The best thing about faster-whisper is the easy installation process. It can be installed using
pip and can be easily run.
from faster_whisper import WhisperModel
model_size = "large-v2"
# Run on GPU with FP16
model = WhisperModel(model_size, device="cuda", compute_type="float16")
segments, info = model.transcribe("audio.mp3", beam_size=5)
print("Detected language '%s' with probability %f" % (info.language, info.language_probability))
for segment in segments:
print("[%.2fs -> %.2fs] %s" % (segment.start, segment.end, segment.text))
It is important that the final text is transcribed in the loop and is not returned immediately after
segments is only a generator instead of a string.
This relatively simple performance boost is already very helpful. But can it be even faster?
Yes, it can: Introducing Whisper JAX. A new reimplementation of Whisper with the goal of making the model run as fast as possible on a TPU. To reach the goal, the model has been implemented in JAX. But what is JAX and what is a TPU?
JAX and TPU?
The open source library JAX provides NumPy-like APIs and functions while enabling them to leverage Just-In-Time (JIT) compilation provided by XLA (Accelerated Linear Algebra), a domain-specific compiler. This allows for better performance and scalability, especially when working with large-scale data and models.

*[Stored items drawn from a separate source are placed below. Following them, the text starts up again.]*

-- ===== src/Config/Admins.antt =====
-- Which keys of API_KEYS are admin keys.
use microchat_ai.Prelude.{
  if_pos, if_neg, ℕ, none, some, refl, inl, inr, Option, Bytes, List, ◌≡◌, ◌∷◌, bytes, [], ◌++◌,
  arith, ◌⊎◌, ap, ◌∙◌, Bytes_discrete,
}
use microchat_ai.Config.{
  behind, strip_suffix, add_key, add_keys, parse_api_keys, put_key, admin_suffix,
}
use microchat_ai.GoMap.{GoMap, get, get-put}
use microchat_ai.Net.{trim_space, split}
use microchat_ai.Interceptor.{admin}

-- Some entry of the list names the key as that of an admin.
abbrev pub Names : Bytes → List Bytes → Type 0
Names key [] = ⊥
Names key (entry ∷ more) = (trim_space entry ≡ key ++ admin_suffix) ⊎ Names key more

some_inj : {a b : Bytes} → some a ≡ some b → a ≡ b
some_inj e = cc

behind_lem :
    (c : ℕ) (o : Option Bytes) (part : Bytes)
    → behind c o ≡ some part
    → (rest : Bytes) × (o ≡ some rest) × (c ∷ rest ≡ part)
behind_lem c none part h = cc
behind_lem c (some rest) part h = (rest, refl, some_inj h)

-- What TrimSuffix takes off is the suffix.
strip_suffix_lem : (suffix s part : Bytes) → strip_suffix suffix s ≡ some part → s ≡ part ++ suffix
unfolding strip_suffix
strip_suffix_lem suffix [] part h = elim (Bytes_discrete [] suffix) [
  | yes p ↦ p ∙ ap (λ t. t ++ suffix) (some_inj (rw (if_pos _ p) at h))
  | no p ↦ ground arith
]
strip_suffix_lem suffix (c ∷ s) part h = elim (Bytes_discrete (c ∷ s) suffix) [
  | yes p ↦ p ∙ ap (λ t. t ++ suffix) (some_inj (rw (if_pos _ p) at h))
  | no p ↦
      let (rest, found, e) = behind_lem c (strip_suffix suffix s) part (rw (if_neg _ p) at h) in
      ap (λ t. c ∷ t) (strip_suffix_lem suffix s rest found) ∙ ap (λ t. t ++ suffix) e
]

put_key-admin :
    (keys : GoMap Bytes) (key k : Bytes) (o : Option Bytes)
    → get (put_key keys key o) k ≡ some admin
    → (get keys k ≡ some admin) ⊎ (o ≡ some k)
unfolding put_key
put_key-admin keys key k none h = elim (Bytes_discrete key k) [
  | yes p ↦ ground (arith, get-put keys key k (bytes "user"))
  | no p ↦ ground (arith, get-put keys key k (bytes "user"))
]
put_key-admin keys key k (some part) h = elim (Bytes_discrete part k) [
  | yes p ↦ inr (ap (λ t. some t) p)
  | no p ↦ inl (ground (arith, get-put keys part k admin))
]

add_key-admin :
    (keys : GoMap Bytes) (key k : Bytes)
    → get (add_key keys key) k ≡ some admin
    → (get keys k ≡ some admin) ⊎ (key ≡ k ++ admin_suffix)
unfolding add_key
add_key-admin keys [] k h = inl h
add_key-admin keys (c ∷ s) k h =
    elim (put_key-admin keys (c ∷ s) k (strip_suffix admin_suffix (c ∷ s)) h) [
      | inl before ↦ inl before
      | inr found ↦ inr (strip_suffix_lem admin_suffix (c ∷ s) k found)
    ]

add_keys-admin :
    (entries : List Bytes) (keys : GoMap Bytes) (k : Bytes)
    → get (add_keys keys entries) k ≡ some admin
    → (get keys k ≡ some admin) ⊎ Names k entries
unfolding add_keys
add_keys-admin [] keys k h = inl h
add_keys-admin (entry ∷ more) keys k h =
    elim (add_keys-admin more (add_key keys (trim_space entry)) k h) [
      | inl here ↦ elim (add_key-admin keys (trim_space entry) k here) [
        | inl before ↦ inl before
        | inr named ↦ inr (inl named)
      ]
      | inr later ↦ inr (inr later)
    ]

-- Only a key that an entry of API_KEYS names with the suffix ":admin" has the role of an admin.
pub parse_api_keys-admin :
    (text k : Bytes) → get (parse_api_keys text) k ≡ some admin → Names k (split b',' text)
unfolding parse_api_keys get
parse_api_keys-admin [] k h = cc
parse_api_keys-admin (c ∷ s) k h = elim (add_keys-admin (split b',' (c ∷ s)) [] k h) [
  | inl none_yet ↦ cc
  | inr named ↦ named
]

A TPU is a Tensor Processing Unit, a special type of microchip developed by Google and optimized for machine learning. While GPUs offer huge performance gains in the area of mathematical computations, special hardware can expend this by focusing solely on the mathematical operations common in machine learning. TPUs can perform large amounts of tensor operations quickly and efficiently, improving the performance and accuracy of neural networks. The downside of a TPU is that they are only available at Google through their own Cloud offerings.

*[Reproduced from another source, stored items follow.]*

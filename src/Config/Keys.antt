-- ===== src/Config/Keys.antt =====
-- The API keys of the configuration.
use microchat_ai.Prelude.{
  none, some, refl, inl, inr, Option, Bytes, List, ◌≡◌, ◌∷◌, bytes, [], arith, ◌⊎◌,
}
use microchat_ai.Config.{strip_suffix, add_key, add_keys, parse_api_keys, put_key, admin_suffix}
use microchat_ai.GoMap.{GoMap, get, put, get-put}
use microchat_ai.Net.{trim_space, split}
use microchat_ai.Interceptor.{admin}

-- Every key has one of the two roles.
abbrev IsRole : Option Bytes → Type 0
IsRole none = Unit
IsRole (some role) = (role ≡ admin) ⊎ (role ≡ bytes "user")

put-IsRole :
    (keys : GoMap Bytes) (j k role : Bytes)
    → IsRole (some role)
    → IsRole (get keys k)
    → IsRole (get (put keys j role) k)
put-IsRole keys j k role r h = ground (arith, get-put keys j k role)

put_key-IsRole :
    (keys : GoMap Bytes) (key k : Bytes) (o : Option Bytes)
    → IsRole (get keys k)
    → IsRole (get (put_key keys key o) k)
unfolding put_key
put_key-IsRole keys key k none h = put-IsRole keys key k (bytes "user") (inr refl) h
put_key-IsRole keys key k (some part) h = put-IsRole keys part k admin (inl refl) h

add_key-IsRole :
    (keys : GoMap Bytes) (key k : Bytes) → IsRole (get keys k) → IsRole (get (add_key keys key) k)
unfolding add_key
add_key-IsRole keys [] k h = h
add_key-IsRole keys (c ∷ s) k h =
    put_key-IsRole keys (c ∷ s) k (strip_suffix admin_suffix (c ∷ s)) h

add_keys-IsRole :
    (entries : List Bytes) (keys : GoMap Bytes) (k : Bytes)
    → IsRole (get keys k)
    → IsRole (get (add_keys keys entries) k)
unfolding add_keys
add_keys-IsRole [] keys k h = h
add_keys-IsRole (entry ∷ entries) keys k h =
    add_keys-IsRole entries (add_key keys (trim_space entry)) k
      (add_key-IsRole keys (trim_space entry) k h)

-- Whatever API_KEYS holds, every configured key has the role admin or the role user.
parse_api_keys-IsRole : (text k : Bytes) → IsRole (get (parse_api_keys text) k)
unfolding parse_api_keys get
parse_api_keys-IsRole [] k = tt
parse_api_keys-IsRole (c ∷ s) k = add_keys-IsRole (split b',' (c ∷ s)) [] k tt
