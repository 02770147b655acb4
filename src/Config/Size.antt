-- ===== src/Config/Size.antt =====
-- MAX_SESSION_SIZE_KB, from loadConfig to the first message of a session.
use microchat_ai.Prelude.{Bytes, bytes}
use microchat_ai.Config.{Config, Environment, or_default}

-- The value of MAX_SESSION_SIZE_KB, or its default.
abbrev pub size_text : {Float : Type 0} → Environment Float → Bytes
size_text e = or_default (bytes "100") (e.getenv (bytes "MAX_SESSION_SIZE_KB"))
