-- ===== src/Float.antt =====
-- The float64 of Go: the operations that the program uses of it, for the conversions of numbers
-- up to 2^53 the exact ones.
pub mod Laws
use microchat_ai.Prelude.{ℤ, ℕ, Bool, pos}

-- `trunc` is the conversion to an integer type; `eq` and `gt` are the tests `==` and `>`.
pub record Float64 (F : Type 0) : Type 0 where
  pub of_int : ℤ → F
  pub add : F → F → F
  pub sub : F → F → F
  pub mul : F → F → F
  pub div : F → F → F
  pub trunc : F → ℤ
  pub eq : F → F → Bool
  pub gt : F → F → Bool

abbrev pub num : {F : Type 0} ⦃f : Float64 F⦄ → ℕ → F
num ⦃f⦄ n = f.of_int (pos n)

As a result, we get another significant performance boost. A 1-hour-long audio file can be transcribed in 13.8 seconds on a TPUv4-8, instead of 1001.0 seconds on an Nvidia A100 40 GB server GPU.

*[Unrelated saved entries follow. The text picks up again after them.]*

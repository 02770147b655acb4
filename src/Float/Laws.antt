-- ===== src/Float/Laws.antt =====
-- What IEEE 754 says of the operations: whole numbers below 2^53 are exact, and rounding is
-- monotone. Tests/Floats has arithmetics with these laws.
use microchat_ai.Prelude.{ℕ, Bool, pos, ◌≡◌, ◌≤◌, ◌<◌, ◌+◌, ◌-◌, ◌*◌, ◌^◌, ltb, suc}
use microchat_ai.Float.{Float64, num}

-- `Le` is the order `<=` of IEEE 754, in which NaN is above and below nothing. Each operation has a
-- whole number below 2^53 on one side, and a product a number from 0 to 1 on the other, so that no
-- result overflows to an infinity or is NaN.
pub record IsFloat (F : Type 0) ⦃f : Float64 F⦄ : Type 1 where
  pub Le : F → F → Type 0
  pub num_le : (a b : ℕ) → a ≤ b → b < 2 ^ 53 → Le (num a) (num b)
  pub div_mono :
      (x y : F) (b c : ℕ)
      → 0 < c
      → c < 2 ^ 53
      → b < 2 ^ 53
      → Le (num 0) x
      → Le x y
      → Le y (num b)
      → Le (f.div x (num c)) (f.div y (num c))
  pub div_exact :
      (a b : ℕ) → 0 < b → b < 2 ^ 53 → a * b < 2 ^ 53 → f.div (num (a * b)) (num b) ≡ num a
  pub mul_mono :
      (x y : F) (n : ℕ)
      → n < 2 ^ 53
      → Le (num 0) x
      → Le x y
      → Le y (num 1)
      → Le (f.mul x (num n)) (f.mul y (num n))
  pub mul_zero : (n : ℕ) → n < 2 ^ 53 → f.mul (num 0) (num n) ≡ num 0
  pub mul_one : (n : ℕ) → n < 2 ^ 53 → f.mul (num 1) (num n) ≡ num n
  pub sub_mono :
      (x y : F) (n b : ℕ)
      → n < 2 ^ 53
      → b < 2 ^ 53
      → Le (num n) x
      → Le x y
      → Le y (num b)
      → Le (f.sub x (num n)) (f.sub y (num n))
  pub sub_exact : (a b : ℕ) → b ≤ a → a < 2 ^ 53 → f.sub (num a) (num b) ≡ num (a - b)
  pub add_mono :
      (x y : F) (n b : ℕ)
      → n < 2 ^ 53
      → b < 2 ^ 53
      → Le (num 0) x
      → Le x y
      → Le y (num b)
      → Le (f.add (num n) x) (f.add (num n) y)
  pub add_exact : (a b : ℕ) → a + b < 2 ^ 53 → f.add (num a) (num b) ≡ num (a + b)
  pub trunc_between :
      (x : F) (a b : ℕ)
      → Le (num a) x
      → Le x (num b)
      → b < 2 ^ 53
      → (n : ℕ) × (f.trunc x ≡ pos n) × (a ≤ n) × (n ≤ b) × Le (num n) x × Le x (num (suc n))

-- Two quotients of small counts compare as the fractions do, and 0/0, which is NaN, is above
-- nothing.
pub record IsRatio (F : Type 0) ⦃f : Float64 F⦄ : Type 0 where
  pub gt-div :
      (a b c d : ℕ)
      → a < 2 ^ 25
      → b < 2 ^ 25
      → c < 2 ^ 25
      → d < 2 ^ 25
      → 0 < b
      → 0 < d
      → f.gt (f.div (num a) (num b)) (f.div (num c) (num d)) ≡ ltb (c * b) (a * d)
  pub gt_nan : (x : F) → f.gt (f.div (num 0) (num 0)) x ≡ Bool.false
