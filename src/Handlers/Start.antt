-- ===== src/Handlers/Start.antt =====
-- StartSession of cmd/server/grpc_handlers.go.
use microchat_ai.Prelude.{◌≡◌, refl, true, Bytes, ◌≢◌, arith}
use microchat_ai.GoMap.{get-put}
use microchat_ai.Handlers.{Application, start_session}
use microchat_ai.Store.{is_valid_session, get_messages, register_session}
use microchat_ai.Store.History.{IsSound, register_session-IsSound}

-- What StartSession leaves: a sound store in which the id that it gives is valid, and in which all
-- other ids and all histories are as they were.
pub record Started (before : Application) (id : Bytes) (r : Application × Bytes) : Type 0 where
  pub sound : IsSound r.0.session_store
  pub gives : r.1 ≡ id
  pub valid : is_valid_session r.0.session_store id ≡ true
  pub others :
      (k : Bytes)
      → k ≢ id
      → is_valid_session r.0.session_store k ≡ is_valid_session before.session_store k
  pub histories :
      (k : Bytes) → get_messages r.0.session_store k ≡ get_messages before.session_store k

-- On a sound store, StartSession gives its new id, which is then valid; the store stays sound, and
-- all other ids and all histories are as they were.
pub start_session-Started :
    (app : Application) (id : Bytes)
    → IsSound app.session_store
    → Started app id (start_session app id)
unfolding start_session register_session is_valid_session get_messages
start_session-Started app id g = record {
  sound = unfold register_session in register_session-IsSound app.session_store id g;
  gives = refl;
  valid = ground (arith, get-put app.session_store.valid_sessions id id true);
  others = λ k other. ground (arith, get-put app.session_store.valid_sessions id k true);
  histories = λ k. refl;
}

The numbers from above are also provided by the author of the package. Let’s check them with the same audio file from my the previous article and compare the results. I also added the data for the official OpenAI Whisper API.
|Time in seconds
|OpenAI Whisper (T4)
|OpenAI Whisper (API)
|Whisper JAX (TPU v4-8)
I guess, the result speaks for themselves. Whisper JAX is 17x faster than the official API. We also see a more drastic difference to faster-whisper. However, a quality comparison between faster-whisper and Whisper JAX cannot be made because different hardware was used in the tests.
In summary, Faster Whisper has significantly improved the performance of the OpenAI Whisper model by implementing it in CTranslate2, resulting in reduced transcription time and VRAM consumption. In addition, Whisper JAX further enhances performance by leveraging TPUs and the JAX library to significantly increase transcription speed for large-scale audio processing tasks.